▶ _Exercise_
Every line of the entries that holds the word "enabled" is to be copied.

+--

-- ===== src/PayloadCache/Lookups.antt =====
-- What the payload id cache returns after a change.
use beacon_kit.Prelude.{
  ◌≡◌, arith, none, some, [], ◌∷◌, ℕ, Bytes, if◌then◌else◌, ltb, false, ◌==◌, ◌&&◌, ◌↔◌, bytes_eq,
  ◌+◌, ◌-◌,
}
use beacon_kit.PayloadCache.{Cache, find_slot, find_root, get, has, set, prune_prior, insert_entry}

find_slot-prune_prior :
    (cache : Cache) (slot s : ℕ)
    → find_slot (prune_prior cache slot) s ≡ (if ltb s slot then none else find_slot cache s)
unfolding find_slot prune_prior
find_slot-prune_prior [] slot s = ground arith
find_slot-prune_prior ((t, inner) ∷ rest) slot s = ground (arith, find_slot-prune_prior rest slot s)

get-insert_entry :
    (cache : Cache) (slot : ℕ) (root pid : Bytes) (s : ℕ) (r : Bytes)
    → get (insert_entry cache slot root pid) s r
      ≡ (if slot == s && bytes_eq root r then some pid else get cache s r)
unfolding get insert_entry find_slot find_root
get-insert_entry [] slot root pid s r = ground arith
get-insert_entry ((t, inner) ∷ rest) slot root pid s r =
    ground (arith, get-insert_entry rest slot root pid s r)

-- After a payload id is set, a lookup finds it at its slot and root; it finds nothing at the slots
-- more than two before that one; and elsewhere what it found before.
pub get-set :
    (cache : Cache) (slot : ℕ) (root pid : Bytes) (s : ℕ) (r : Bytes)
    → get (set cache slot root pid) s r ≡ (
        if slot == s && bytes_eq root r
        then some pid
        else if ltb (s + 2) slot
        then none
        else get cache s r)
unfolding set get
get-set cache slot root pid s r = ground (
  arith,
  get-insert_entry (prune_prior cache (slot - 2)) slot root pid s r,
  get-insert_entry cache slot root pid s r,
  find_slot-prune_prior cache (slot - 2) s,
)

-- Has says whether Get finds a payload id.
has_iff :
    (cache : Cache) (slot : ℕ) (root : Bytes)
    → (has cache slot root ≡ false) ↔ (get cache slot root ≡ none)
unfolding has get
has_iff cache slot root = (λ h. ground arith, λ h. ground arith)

+--

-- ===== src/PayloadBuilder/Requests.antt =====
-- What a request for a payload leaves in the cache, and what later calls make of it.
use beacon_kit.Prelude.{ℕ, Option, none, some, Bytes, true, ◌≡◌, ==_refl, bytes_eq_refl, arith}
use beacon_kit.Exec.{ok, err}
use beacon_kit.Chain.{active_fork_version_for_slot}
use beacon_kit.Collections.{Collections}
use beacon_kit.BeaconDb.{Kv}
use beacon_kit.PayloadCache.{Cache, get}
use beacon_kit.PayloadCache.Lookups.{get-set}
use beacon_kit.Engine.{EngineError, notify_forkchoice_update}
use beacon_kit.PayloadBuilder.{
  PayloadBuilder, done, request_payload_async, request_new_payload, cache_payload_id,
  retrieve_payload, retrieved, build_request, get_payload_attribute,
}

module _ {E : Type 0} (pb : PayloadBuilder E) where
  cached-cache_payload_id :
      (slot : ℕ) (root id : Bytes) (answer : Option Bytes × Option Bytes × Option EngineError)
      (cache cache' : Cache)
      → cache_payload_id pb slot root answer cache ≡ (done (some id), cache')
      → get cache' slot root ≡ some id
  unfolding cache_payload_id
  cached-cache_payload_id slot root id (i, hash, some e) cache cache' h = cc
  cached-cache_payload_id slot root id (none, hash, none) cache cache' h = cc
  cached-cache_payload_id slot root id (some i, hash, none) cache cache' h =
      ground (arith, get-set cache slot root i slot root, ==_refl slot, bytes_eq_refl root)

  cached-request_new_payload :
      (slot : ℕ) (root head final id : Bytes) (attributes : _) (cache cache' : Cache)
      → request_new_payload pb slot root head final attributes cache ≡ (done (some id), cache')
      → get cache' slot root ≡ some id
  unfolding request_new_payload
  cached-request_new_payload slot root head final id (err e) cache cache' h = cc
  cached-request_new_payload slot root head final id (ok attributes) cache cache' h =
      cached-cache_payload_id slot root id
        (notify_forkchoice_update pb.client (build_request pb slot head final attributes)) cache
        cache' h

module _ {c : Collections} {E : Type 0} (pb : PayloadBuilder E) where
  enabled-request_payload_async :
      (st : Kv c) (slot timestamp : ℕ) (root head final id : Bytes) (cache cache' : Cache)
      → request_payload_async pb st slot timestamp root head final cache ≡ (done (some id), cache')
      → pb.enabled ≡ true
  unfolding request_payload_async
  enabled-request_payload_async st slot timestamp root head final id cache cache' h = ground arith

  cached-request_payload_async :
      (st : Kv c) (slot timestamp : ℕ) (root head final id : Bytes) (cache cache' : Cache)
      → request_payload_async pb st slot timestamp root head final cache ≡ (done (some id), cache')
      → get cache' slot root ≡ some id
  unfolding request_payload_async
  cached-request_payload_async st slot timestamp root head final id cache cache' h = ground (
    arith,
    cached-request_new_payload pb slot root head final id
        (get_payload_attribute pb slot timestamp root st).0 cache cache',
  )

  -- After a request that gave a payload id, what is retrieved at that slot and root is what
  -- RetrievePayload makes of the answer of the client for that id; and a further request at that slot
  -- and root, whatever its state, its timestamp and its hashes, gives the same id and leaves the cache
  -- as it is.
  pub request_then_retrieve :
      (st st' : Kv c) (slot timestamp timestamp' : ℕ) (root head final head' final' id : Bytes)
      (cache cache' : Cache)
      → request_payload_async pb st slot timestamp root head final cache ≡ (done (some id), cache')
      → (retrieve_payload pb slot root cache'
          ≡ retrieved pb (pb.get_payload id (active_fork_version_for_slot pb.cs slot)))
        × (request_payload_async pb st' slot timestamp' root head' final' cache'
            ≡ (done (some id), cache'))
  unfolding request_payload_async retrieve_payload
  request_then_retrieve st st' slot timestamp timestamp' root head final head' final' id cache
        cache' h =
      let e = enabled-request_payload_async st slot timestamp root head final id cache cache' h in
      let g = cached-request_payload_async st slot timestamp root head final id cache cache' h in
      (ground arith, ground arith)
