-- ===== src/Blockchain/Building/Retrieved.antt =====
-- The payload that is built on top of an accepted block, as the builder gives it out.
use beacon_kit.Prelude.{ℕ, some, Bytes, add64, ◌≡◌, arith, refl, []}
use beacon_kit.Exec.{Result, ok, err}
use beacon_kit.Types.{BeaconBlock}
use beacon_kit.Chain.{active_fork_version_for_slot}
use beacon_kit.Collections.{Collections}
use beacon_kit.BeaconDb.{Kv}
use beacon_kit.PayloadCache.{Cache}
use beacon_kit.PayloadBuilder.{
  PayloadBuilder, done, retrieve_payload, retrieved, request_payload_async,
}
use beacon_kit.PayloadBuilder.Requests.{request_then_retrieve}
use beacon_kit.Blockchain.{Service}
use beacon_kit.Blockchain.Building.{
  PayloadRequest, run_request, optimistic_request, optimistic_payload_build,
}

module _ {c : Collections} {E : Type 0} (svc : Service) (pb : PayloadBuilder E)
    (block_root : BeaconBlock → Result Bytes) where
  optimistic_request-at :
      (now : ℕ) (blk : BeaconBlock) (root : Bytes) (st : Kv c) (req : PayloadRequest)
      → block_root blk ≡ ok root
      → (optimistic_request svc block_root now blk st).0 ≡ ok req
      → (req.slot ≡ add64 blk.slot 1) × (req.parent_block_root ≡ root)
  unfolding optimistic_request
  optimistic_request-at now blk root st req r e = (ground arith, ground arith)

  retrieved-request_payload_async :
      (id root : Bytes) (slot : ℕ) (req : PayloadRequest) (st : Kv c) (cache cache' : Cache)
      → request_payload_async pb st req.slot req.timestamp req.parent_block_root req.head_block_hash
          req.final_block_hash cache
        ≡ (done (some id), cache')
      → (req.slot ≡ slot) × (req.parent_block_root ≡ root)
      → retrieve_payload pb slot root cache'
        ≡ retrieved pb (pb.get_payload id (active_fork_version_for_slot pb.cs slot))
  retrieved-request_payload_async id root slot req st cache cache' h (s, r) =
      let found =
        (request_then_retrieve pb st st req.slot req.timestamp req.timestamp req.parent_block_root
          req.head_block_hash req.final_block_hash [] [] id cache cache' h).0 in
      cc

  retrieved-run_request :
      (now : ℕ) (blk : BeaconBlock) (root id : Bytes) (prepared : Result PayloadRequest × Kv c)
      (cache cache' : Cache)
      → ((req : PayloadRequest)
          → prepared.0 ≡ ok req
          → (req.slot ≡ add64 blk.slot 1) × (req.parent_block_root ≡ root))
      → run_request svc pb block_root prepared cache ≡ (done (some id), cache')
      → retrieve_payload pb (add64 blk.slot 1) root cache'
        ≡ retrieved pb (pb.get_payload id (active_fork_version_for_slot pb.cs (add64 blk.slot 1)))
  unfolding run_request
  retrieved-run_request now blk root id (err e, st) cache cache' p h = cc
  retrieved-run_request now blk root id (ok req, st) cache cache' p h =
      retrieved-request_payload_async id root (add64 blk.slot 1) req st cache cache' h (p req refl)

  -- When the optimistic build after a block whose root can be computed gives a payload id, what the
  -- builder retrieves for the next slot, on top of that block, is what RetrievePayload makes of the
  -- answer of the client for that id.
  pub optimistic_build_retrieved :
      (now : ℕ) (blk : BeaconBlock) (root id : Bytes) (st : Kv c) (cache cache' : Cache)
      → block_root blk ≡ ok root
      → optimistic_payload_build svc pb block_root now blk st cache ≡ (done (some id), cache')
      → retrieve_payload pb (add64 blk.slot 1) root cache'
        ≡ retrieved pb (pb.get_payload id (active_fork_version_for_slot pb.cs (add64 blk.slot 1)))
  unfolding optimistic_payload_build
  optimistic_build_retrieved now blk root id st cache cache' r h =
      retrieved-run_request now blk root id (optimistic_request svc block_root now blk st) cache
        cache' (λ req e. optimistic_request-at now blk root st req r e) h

+--

▶ _Answer to this task_
  enabled-request_payload_async :
      → pb.enabled ≡ true
  enabled-request_payload_async st slot timestamp root head final id cache cache' h = ground arith
      let e = enabled-request_payload_async st slot timestamp root head final id cache cache' h in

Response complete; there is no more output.